Large-Scale Multiobjective Optimization via Reformulated Decision Variable Analysis

With the rising number of large-scale multiobjective optimization problems (LSMOPs) from academia and industries, some multiobjective evolutionary algorithms (MOEAs) with different decision variable handling strategies have been proposed. Decision variable analysis (DVA) is widely used in large-scale optimization, aiming at identifying the connection between each decision variable and the objectives, and grouping those interacting decision variables to reduce the complexity of LSMOPs. Despite their effectiveness, existing DVA techniques require the unbearable cost of function evaluations for solving LSMOPs. We propose a reformulation-based approach for efficient DVA to address this deficiency.
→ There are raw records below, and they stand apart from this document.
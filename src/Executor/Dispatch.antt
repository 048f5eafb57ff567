-- ===== src/Executor/Dispatch.antt =====
-- internal/runtime/executor/scheduler.go, evaluate: what happens at a scheduling point.
pub mod Points
use realtime_speech_pipeline.Base.{
  String, Bool, true, false, not, List, Option, none, some, Result, ok, err, refuse_if,
  if◌then◌else◌,
}
use realtime_speech_pipeline.Base.Effects.{Effect, pure, lift, ◌>>=◌, ◌>>◌}
use realtime_speech_pipeline.Base.Int.{non_negative}
use realtime_speech_pipeline.Base.Lists.{length}
use realtime_speech_pipeline.Base.Text.{is_empty}
use realtime_speech_pipeline.ControlPlane.Outcome
use realtime_speech_pipeline.ControlPlane.Outcome.{OutcomeKind, OutcomeScope, DecisionOutcome}
use realtime_speech_pipeline.EventAbi.Gateway.{validate_and_normalize_control_signals}
use realtime_speech_pipeline.EventAbi.Signal.{ControlSignal}
use realtime_speech_pipeline.LocalAdmission.{
  SchedulingPointInput, SchedulingPointResult, evaluate_scheduling_point,
}
use realtime_speech_pipeline.Provider.Contracts.{is_success}
use realtime_speech_pipeline.Provider.Requests.{InvocationInput, InvocationResult}
use realtime_speech_pipeline.Timeline.{ProviderAttemptEvidence}
use realtime_speech_pipeline.Executor.Specs.{ProviderInvocationInput}
use realtime_speech_pipeline.Executor.Scheduler.{
  SchedulingInput, SchedulingDecision, ProviderDecision, Services, default_pipeline_version,
  build_shed_control_signal, build_attempt_evidence,
}

unfoldable pub point_input : OutcomeScope → SchedulingInput → SchedulingPointInput
point_input scope req = record {
  session_id = req.session_id;
  turn_id = req.turn_id;
  event_id = req.event_id;
  runtime_timestamp_ms = req.runtime_timestamp_ms;
  wall_clock_timestamp_ms = req.wall_clock_timestamp_ms;
  scope = scope;
  shed = req.shed;
  reason = req.reason;
}

unfoldable pub invocation_input : SchedulingInput → ProviderInvocationInput → InvocationInput
invocation_input req provider = record {
  session_id = req.session_id;
  turn_id = req.turn_id;
  pipeline_version = default_pipeline_version req.pipeline_version;
  event_id = req.event_id;
  modality = provider.modality;
  preferred_provider = provider.preferred_provider;
  allowed_adaptive_actions = provider.allowed_adaptive_actions;
  provider_invocation_id = provider.provider_invocation_id;
  transport_sequence = non_negative req.transport_sequence;
  runtime_sequence = non_negative req.runtime_sequence;
  authority_epoch = non_negative req.authority_epoch;
  runtime_timestamp_ms = non_negative req.runtime_timestamp_ms;
  wall_clock_timestamp_ms = non_negative req.wall_clock_timestamp_ms;
  cancel_requested = provider.cancel_requested;
}

abbrev pub allowed_decision : SchedulingDecision
allowed_decision = record { allowed = true; outcome = none; control_signal = none; provider = none }

abbrev pub is_shed : OutcomeKind → Bool
is_shed OutcomeKind.shed = true
is_shed _ = false

module _ {World : Type 0} (s : Services World) where
  unfoldable pub identified :
      Option (String → String → Effect World String)
      → SchedulingInput
      → Effect World SchedulingInput
  identified none req = lift (err "identity service is not configured")
  identified (some new_event_id) req = do
    event_id ← new_event_id req.session_id req.turn_id
    pure (record req { event_id = event_id })

  -- `if in.EventID == "" { … }`
  unfoldable pub with_event_id : SchedulingInput → Effect World SchedulingInput
  with_event_id req = if is_empty req.event_id then identified s.new_event_id req else pure req

  -- `if s.attemptAppender != nil { … }`
  unfoldable pub appended :
      Option (List ProviderAttemptEvidence → Effect World (Unit {0}))
      → List ProviderAttemptEvidence
      → Effect World (Unit {0})
  appended none evidence = pure tt
  appended (some append) evidence = append evidence

  -- `if s.snapshotAppender != nil { … }`
  unfoldable pub snapshot_taken :
      Option (
        SchedulingInput → InvocationResult → List ProviderAttemptEvidence → Effect World (Unit {0}))
      → SchedulingInput
      → InvocationResult
      → List ProviderAttemptEvidence
      → Effect World (Unit {0})
  snapshot_taken none req result evidence = pure tt
  snapshot_taken (some append) req result evidence = append req result evidence

  unfoldable pub invoker :
      Option (InvocationInput → Effect World InvocationResult)
      → InvocationInput
      → Effect World InvocationResult
  invoker none req =
      lift (err "provider invocation requested but provider invoker is not configured")
  invoker (some invoke) req = invoke req

  unfoldable pub invoke_provider :
      SchedulingInput → Option ProviderInvocationInput → Effect World SchedulingDecision
  invoke_provider req none = pure allowed_decision
  invoke_provider req (some provider) = do
    result ← invoker s.invoke (invocation_input req provider)
    normalized ← lift (validate_and_normalize_control_signals result.signals)
    appended s.append_attempts (build_attempt_evidence req provider.modality result)
    snapshot_taken s.append_snapshot req result
        (build_attempt_evidence req provider.modality result)
    pure (record allowed_decision {
      allowed = is_success result.outcome.class;
      provider = some (record {
        provider_invocation_id = result.provider_invocation_id;
        modality = provider.modality;
        selected_provider = result.selected_provider;
        outcome_class = result.outcome.class;
        retryable = result.outcome.retryable;
        retry_decision = result.retry_decision;
        attempts = length result.attempts;
        signals = normalized;
      });
    })

  -- After the admission denied the point.
  unfoldable pub deny : SchedulingInput → Option DecisionOutcome → Effect World SchedulingDecision
  deny req none = lift (err "scheduling-point denied without outcome")
  deny req (some outcome) = do
    lift (Outcome.validate outcome)
    lift (
        refuse_if (not (is_shed outcome.outcome_kind))
          "unexpected scheduling-point outcome kind: %s")
    control_signal ← build_shed_control_signal req outcome.reason
    pure (record {
      allowed = false;
      outcome = some outcome;
      control_signal = some control_signal;
      provider = none;
    })

  unfoldable pub answer_point :
      SchedulingInput → SchedulingPointResult → Effect World SchedulingDecision
  answer_point req result =
      if result.allowed
      then invoke_provider req req.provider_invocation
      else deny req result.outcome

  unfoldable pub evaluate : OutcomeScope → SchedulingInput → Effect World SchedulingDecision
  evaluate scope req = do
    stamped ← with_event_id req
    answer_point stamped (evaluate_scheduling_point (point_input scope stamped))

  unfoldable pub edge_enqueue : SchedulingInput → Effect World SchedulingDecision
  edge_enqueue = evaluate OutcomeScope.edge_enqueue

  unfoldable pub edge_dequeue : SchedulingInput → Effect World SchedulingDecision
  edge_dequeue = evaluate OutcomeScope.edge_dequeue

  unfoldable pub node_dispatch : SchedulingInput → Effect World SchedulingDecision
  node_dispatch = evaluate OutcomeScope.node_dispatch
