-- ===== src/Recovery/Types.antt =====
-- The data of src/g5/recovery_coordinator.hpp, and of src/g4/spot_transport.hpp that it reads.
use binance_market_data_gate.Base.{ℕ, Bool, Option, List}
use binance_market_data_gate.Runtime.Observed.{RuntimeState, ProjectionStatus}
use binance_market_data_gate.Runtime.Types.{FaultReason}

pub data NetworkErrorCode : Type 0 where
  timeout dns tcp tls web_socket_handshake web_socket_read http_write : NetworkErrorCode
  http_read http_status protocol runtime_admission server_shutdown internal : NetworkErrorCode

pub record NetworkError : Type 0 where
  pub code : NetworkErrorCode
  pub stage : List ℕ
  pub message : List ℕ
  pub status : Option ℕ
  pub retry_after : Option (List ℕ)

-- The fields of `TransportObservation` that the recovery's decisions read.
pub record TransportObservation : Type 0 where
  pub running : Bool
  pub stopped : Bool
  pub terminal_error : Option NetworkError

-- The fields of `RuntimeObservation` that the recovery's decisions read.
pub record RuntimeCut : Type 0 where
  pub state : RuntimeState
  pub projection_status : ProjectionStatus
  pub fault_reason : Option FaultReason

pub data RecoveryCause : Type 0 where
  cause_needs_resync cause_transport_failure cause_snapshot_failure : RecoveryCause
  cause_ingress_overflow cause_bootstrap_buffer_overflow cause_protocol : RecoveryCause
  cause_server_shutdown cause_http429 cause_http418 cause_http5xx : RecoveryCause
  cause_terminal_http4xx cause_internal_failure : RecoveryCause

-- A delay is a number of seconds.
pub record RecoveryDecision : Type 0 where
  pub recoverable : Bool
  pub cause : RecoveryCause
  pub minimum_delay : Option ℕ
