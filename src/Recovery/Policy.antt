-- ===== src/Recovery/Policy.antt =====
-- The decisions of the recovery: src/g5/spot_recovery.cpp.
use binance_market_data_gate.Base.{
  ℕ, Bool, true, false, not, ◌&&◌, ◌||◌, Option, none, some, List, [], ◌∷◌, ◌+◌, ◌-◌, ◌==◌, ltb,
  leb, if◌then◌else◌, has_value, is_empty, get_elem?, ◌^◌,
}
use binance_market_data_gate.Base.Words.{u64_max}
use binance_market_data_gate.Base.Decimal.{Errc, success, FromChars, from_chars_u64}
use binance_market_data_gate.Runtime.Observed.{
  is_live, is_faulted, is_needs_resync, is_synchronized,
}
use binance_market_data_gate.Runtime.Types.{
  FaultReason, ingress_overflow, bootstrap_buffer_overflow, adapter_fault, transport_failure,
  snapshot_failure, projection_rejected, clock_fault, internal_fault,
}
use binance_market_data_gate.Recovery.Types.{
  NetworkErrorCode, http_status, protocol, server_shutdown, internal, NetworkError,
  TransportObservation, RuntimeCut, RecoveryCause, cause_needs_resync, cause_transport_failure,
  cause_snapshot_failure, cause_ingress_overflow, cause_bootstrap_buffer_overflow, cause_protocol,
  cause_server_shutdown, cause_http429, cause_http418, cause_http5xx, cause_terminal_http4xx,
  cause_internal_failure, RecoveryDecision,
}

-- `std::numeric_limits<std::chrono::seconds::rep>::max()`, of 64 bits.
abbrev pub seconds_max : ℕ
seconds_max = 2 ^ 63 - 1

abbrev is_success : Errc → Bool
is_success success = true
is_success _ = false

-- The tests on what `std::from_chars` gives.
abbrev pub accepted_seconds : FromChars → Option ℕ
accepted_seconds r =
    if not (is_success r.ec) || not (is_empty r.rest) || ltb seconds_max r.value
    then none
    else some r.value

unfoldable pub parse_retry_after : Option (List ℕ) → Option ℕ
parse_retry_after none = none
parse_retry_after (some text) =
    if is_empty text then none else accepted_seconds (from_chars_u64 text)

abbrev default_decision : RecoveryDecision
default_decision = record {
  recoverable = false;
  cause = cause_internal_failure;
  minimum_delay = none;
}

abbrev recover : RecoveryCause → RecoveryDecision
recover cause = record { recoverable = true; cause = cause; minimum_delay = none }

-- The switch on the fault's reason; `none` is the return of the decision as it is.
abbrev fault_decision : FaultReason → Option RecoveryDecision
fault_decision transport_failure = some (recover cause_transport_failure)
fault_decision snapshot_failure = some (recover cause_snapshot_failure)
fault_decision ingress_overflow = some (recover cause_ingress_overflow)
fault_decision bootstrap_buffer_overflow = some (recover cause_bootstrap_buffer_overflow)
fault_decision adapter_fault = none
fault_decision projection_rejected = none
fault_decision clock_fault = none
fault_decision internal_fault = none

abbrev error_decision : Option NetworkError → Option RecoveryDecision
error_decision none = none
error_decision (some _) = some (recover cause_transport_failure)

abbrev runtime_decision : Bool → Option FaultReason → Option NetworkError → Option RecoveryDecision
runtime_decision true (some reason) error = fault_decision reason
runtime_decision true none error = error_decision error
runtime_decision false reason error = error_decision error

-- A status of 429 or 418, with the delay that the server asks for.
abbrev retry_decision : RecoveryCause → Option ℕ → RecoveryDecision
retry_decision cause none = default_decision
retry_decision cause (some delay) = record {
  recoverable = true;
  cause = cause;
  minimum_delay = some delay;
}

abbrev status_decision : Option ℕ → Option (List ℕ) → RecoveryDecision
status_decision none retry_after = default_decision
status_decision (some status) retry_after =
    if status == 429 || status == 418
    then retry_decision (if status == 429 then cause_http429 else cause_http418)
        (parse_retry_after retry_after)
    else if leb 500 status && leb status 599
    then recover cause_http5xx
    else if leb 400 status && leb status 499
    then record default_decision { cause = cause_terminal_http4xx }
    else default_decision

-- The part on the error's code.
abbrev code_decision :
    NetworkErrorCode → Option ℕ → Option (List ℕ) → RecoveryDecision → RecoveryDecision
code_decision internal status retry_after decision = default_decision
code_decision protocol status retry_after decision = record decision { cause = cause_protocol }
code_decision server_shutdown status retry_after decision = record decision {
  cause = cause_server_shutdown;
}
code_decision http_status status retry_after decision = status_decision status retry_after
code_decision _ status retry_after decision = decision

abbrev refined_decision : Option NetworkError → RecoveryDecision → RecoveryDecision
refined_decision none decision = decision
refined_decision (some error) decision =
    code_decision error.code error.status error.retry_after decision

abbrev finish_decision : Option NetworkError → Option RecoveryDecision → RecoveryDecision
finish_decision error none = default_decision
finish_decision error (some decision) = refined_decision error decision

unfoldable pub classify_failure : RuntimeCut → TransportObservation → RecoveryDecision
unfolding parse_retry_after
classify_failure runtime transport = finish_decision transport.terminal_error (
    if is_needs_resync runtime.state
    then some (recover cause_needs_resync)
    else runtime_decision (is_faulted runtime.state) runtime.fault_reason transport.terminal_error)

abbrev pub maximum_recovery_attempts : ℕ
maximum_recovery_attempts = 6

-- `none` is `std::out_of_range`.
unfoldable pub normal_backoff_delay : ℕ → Option ℕ
normal_backoff_delay recovery_attempt =
    if recovery_attempt == 0 || ltb 6 recovery_attempt
    then none
    else get_elem? (1 ∷ 2 ∷ 4 ∷ 8 ∷ 16 ∷ 30 ∷ []) (recovery_attempt - 1)

abbrev pub with_minimum : Option ℕ → ℕ → ℕ
with_minimum none delay = delay
with_minimum (some least) delay = if ltb delay least then least else delay

abbrev with_decision : Option ℕ → Option ℕ → Option ℕ
with_decision least none = none
with_decision least (some delay) = some (with_minimum least delay)

-- What the coordinator's loop does with a recoverable failure, by the consecutive attempts before it:
-- it is exhausted, or it takes up the attempt of a number after a delay.
pub data RecoveryStep : Type 0 where
  exhausted : RecoveryStep
  backs_off : (attempt : ℕ) → (delay : Option ℕ) → RecoveryStep

unfoldable pub recovery_step : (attempts : ℕ) → RecoveryDecision → RecoveryStep
unfolding normal_backoff_delay
recovery_step attempts decision =
    if leb maximum_recovery_attempts attempts
    then exhausted
    else backs_off (attempts + 1)
        (with_decision decision.minimum_delay (normal_backoff_delay (attempts + 1)))

unfoldable pub is_clean_planned_cut : RuntimeCut → TransportObservation → Bool
is_clean_planned_cut runtime transport =
    transport.stopped
    && not transport.running
    && not (has_value transport.terminal_error)
    && is_live runtime.state
    && is_synchronized runtime.projection_status
    && not (has_value runtime.fault_reason)

-- For a rotation's age in nanoseconds; `none` is `std::overflow_error`.
unfoldable pub planned_rotation_deadline : (age started : ℕ) → Option ℕ
planned_rotation_deadline age started =
    if ltb (u64_max - age) started then none else some (started + age)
Then a large-scale MOEA is proposed based on reformulated DVA, namely, LERD. Specifically, the DVA process is reformulated into an optimization problem with binary decision variables, aiming to approximate different grouping results. Afterwards, each group of decision variables is used for convergence-related or diversity-related optimization. The effectiveness and efficiency of the reformulation-based DVA are validated by replacing the corresponding DVA techniques in two large-scale MOEAs. Experiments in comparison with six state-of-the-art large-scale MOEAs on LSMOPs with up to 2000 decision variables have shown the promising performance of LERD.